¿Vives cerca de una carretera ruidosa? Tu corazón podría estar en peligro

Archivo - Vivir en zonas con altos niveles de ruido de transporte aumenta el riesgo de sufrir eventos cardíacos adversos graves
Archivo - Vivir en zonas con altos niveles de ruido de transporte aumenta el riesgo de sufrir eventos cardíacos adversos graves - GETTY IMAGES/ISTOCKPHOTO / MARIOGUTI - Archivo
Infosalus
Publicado: martes, 31 marzo 2026 14:30

   MADRID, 31 Mar. (EUROPA PRESS) -

   Vivir en zonas con altos niveles de ruido de transporte aumenta el riesgo de sufrir eventos cardíacos adversos graves, según ha revelado un estudio llevado a cabo por un equipo de investigación liderado por el miembro del Hospital Metodista de la ciudad estadounidense de Houston, el doctor Jad Ardakani.

   Este tipo de contaminación acústica "suele pasarse por alto, pero puede representar una exposición modificable con importantes implicaciones para la salud pública", ha puesto de manifiesto Ardakani, quien ha añadido que los "hallazgos" obtenidos "sugieren que el ruido ambiental debe considerarse junto con los factores de riesgo cardiovascular más tradicionales".

   De esta manera lo ha expresado durante la reciente celebración en Nueva Orleans de la Sesión Científica Anual del Colegio Estadounidense de Cardiología (ACC, por sus siglas en inglés), evento en el que ha declarado que es "fundamental" analizar la exposición individual al ruido "y buscar maneras de reducirla".

   Los investigadores apuestan por implementar estrategias para hacer decrecer esta exposición al tráfico rodado, ferroviario y aéreo, lo que podría ser un nuevo objetivo para la planificación urbana y la mejora de la salud cardiovascular de las comunidades.
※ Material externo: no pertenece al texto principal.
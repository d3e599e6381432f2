-- ===== src/Http/Middleware.antt =====
-- internal/httpserver/middleware.go: `Recovery`, `RequestLogging` and `CORS`.
pub mod Statuses
use tempcdn.Prelude.{ℕ, ◌/◌, Bool, true, false, List, [], ◌∷◌, ◌++◌, if◌then◌else◌}
use tempcdn.Text.{Text, lit, same}
use tempcdn.Http.{
  Request, Event, set_header, write_header, Entry, http_request, latency_observed, panic_recovered,
  Answer, Middleware, Handler, Body, error, returned, method_options,
}
use tempcdn.Http.Recorder.{Recorder, new_recorder, pass_all}

-- What is logged behind `next.ServeHTTP`, which a panic skips; `timed` says that there is a
-- histogram. A time has the unit nanosecond.
abbrev pub request_entries : Bool → Bool → Request → Recorder → List Entry
request_entries timed true r rec = []
request_entries timed false r rec =
    http_request r.method r.path rec.status_code (r.chance.elapsed / 1000000)
    ∷ (if timed then latency_observed r.path r.method r.chance.elapsed ∷ [] else [])

module _ {P : Type 0} where
  abbrev pub cors_headers : Text → Text → List (Event (Body P))
  cors_headers allowed_origin methods =
      set_header (lit "Access-Control-Allow-Origin") allowed_origin
      ∷ set_header (lit "Access-Control-Allow-Methods") methods
      ∷ set_header (lit "Access-Control-Allow-Headers")
          (lit "Content-Type, X-Delete-Token, X-Metrics-Token, Authorization")
      ∷ set_header (lit "Vary") (lit "Origin")
      ∷ []

  -- The deferred function of `Recovery`: what it still writes, where the handler panicked.
  unfoldable pub recover : Bool → Recorder → List (Event (Body P))
  unfolding pass_all
  recover panicked rec =
      if panicked
      then if rec.wrote_header
        then []
        else (pass_all (error 500 (lit "internal server error")) rec).0
      else []

module _ {S P : Type 0} where
  unfoldable pub recovery : Middleware S (Body P)
  unfolding pass_all
  recovery next r s =
      let (a, after) = next r s in
      let (events, rec) = pass_all a.events new_recorder in
      (
        record {
          events = events ++ recover a.panicked rec;
          entries = a.entries ++ (if a.panicked then panic_recovered r.path ∷ [] else []);
          panicked = false;
        },
        after,
      )

  unfoldable pub request_logging : Bool → Middleware S (Body P)
  unfolding pass_all
  request_logging timed next r s =
      let (a, after) = next r s in
      let (events, rec) = pass_all a.events new_recorder in
      (
        record {
          events = events;
          entries = a.entries ++ request_entries timed a.panicked r rec;
          panicked = a.panicked;
        },
        after,
      )

  -- What a handler does behind these calls.
  abbrev pub preceded : List (Event (Body P)) → Answer (Body P) × S → Answer (Body P) × S
  preceded events (a, s) = (record a { events = events ++ a.events }, s)

  unfoldable pub cors : Text → Text → Middleware S (Body P)
  cors allowed_origin methods next r s =
      let served = next r s in
      preceded (cors_headers allowed_origin methods)
        (if same r.method method_options then (returned (write_header 204 ∷ []), s) else served)

  unfoldable pub noop_handler : Handler S (Body P)
  noop_handler r s = (returned [], s)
Estudios previos han mostrado que puede desencadenar una respuesta de estrés en el organismo que, con el tiempo, conlleva consecuencias negativas para la salud.

   En este sentido, un trabajo reciente publicado en la revista especializada 'JACC: Advances' expone que la exposición prolongada al ruido del tráfico rodado se asocia con un mayor riesgo de enfermedad cardiovascular y mortalidad por todas las causas. Por su parte, el liderado por Ardakani se ha valido de una de las cohortes más grandes y diversas de Estados Unidos hasta la fecha.

   Así, se han analizado los registros médicos de más de 1,2 millones de pacientes adultos en el área de Houston entre 2016 y 2023. Además, se ha empleado el Mapa Nacional de Ruido del Transporte, producido por el Departamento de Transporte de este país, para evaluar la exposición según el domicilio.

   De este modo, la exposición al ruido en el hogar por debajo de 45 decibelios se clasificó como baja, mientras que entre esta cifra y 54 se catalogó como moderada y desde 55 se etiquetó como alta. Si bien el ruido a 55 decibelios -aproximadamente el nivel de sonido de una conversación normal o música de fondo- no daña la audición, puede causar otros impactos fisiológicos y alterar el sueño, especialmente si es constante o está fuera del control de la persona.

TRÁFICO RODADO, FERROVIARIO Y DE AVIACIÓN

   Con todo ello, se ha revelado que las personas que viven en zonas con mucho ruido de transporte tienen un 17 por ciento más de probabilidades de morir por cualquier causa, sufrir un infarto o un derrame cerebral, o necesitar una revascularización coronaria. El ruido intenso del tráfico rodado se asocia con un riesgo un 17 por ciento mayor; la combinación de ruido intenso de este y de la aviación, con uno un 16 por ciento superior;, y el del ferrocarril, con uno un 10 por ciento mayor.

   Además, se ha observado que, si bien el ruido del tráfico rodado muestra la asociación general más fuerte con el riesgo de eventos cardiovasculares adversos, el riesgo incremental presenta un patrón diferente. Así, cada aumento de 10 decibelios en el ruido del ferrocarril se asocia con un incremento del 14 por ciento en el riesgo, en comparación con un aumento del 3 por ciento en el del tráfico rodado.

   "El ruido del ferrocarril es particular porque es fuerte e intermitente", ha asegurado Ardakani, que ha agregado que "esos ruidos repentinos, sobre todo de noche, pueden ser perjudiciales para el organismo, aunque la gente los perciba como ruido de fondo". "La vibración asociada al ruido ferroviario también podría tener efectos biológicos que no se observan con el ruido de la carretera", ha finalizado.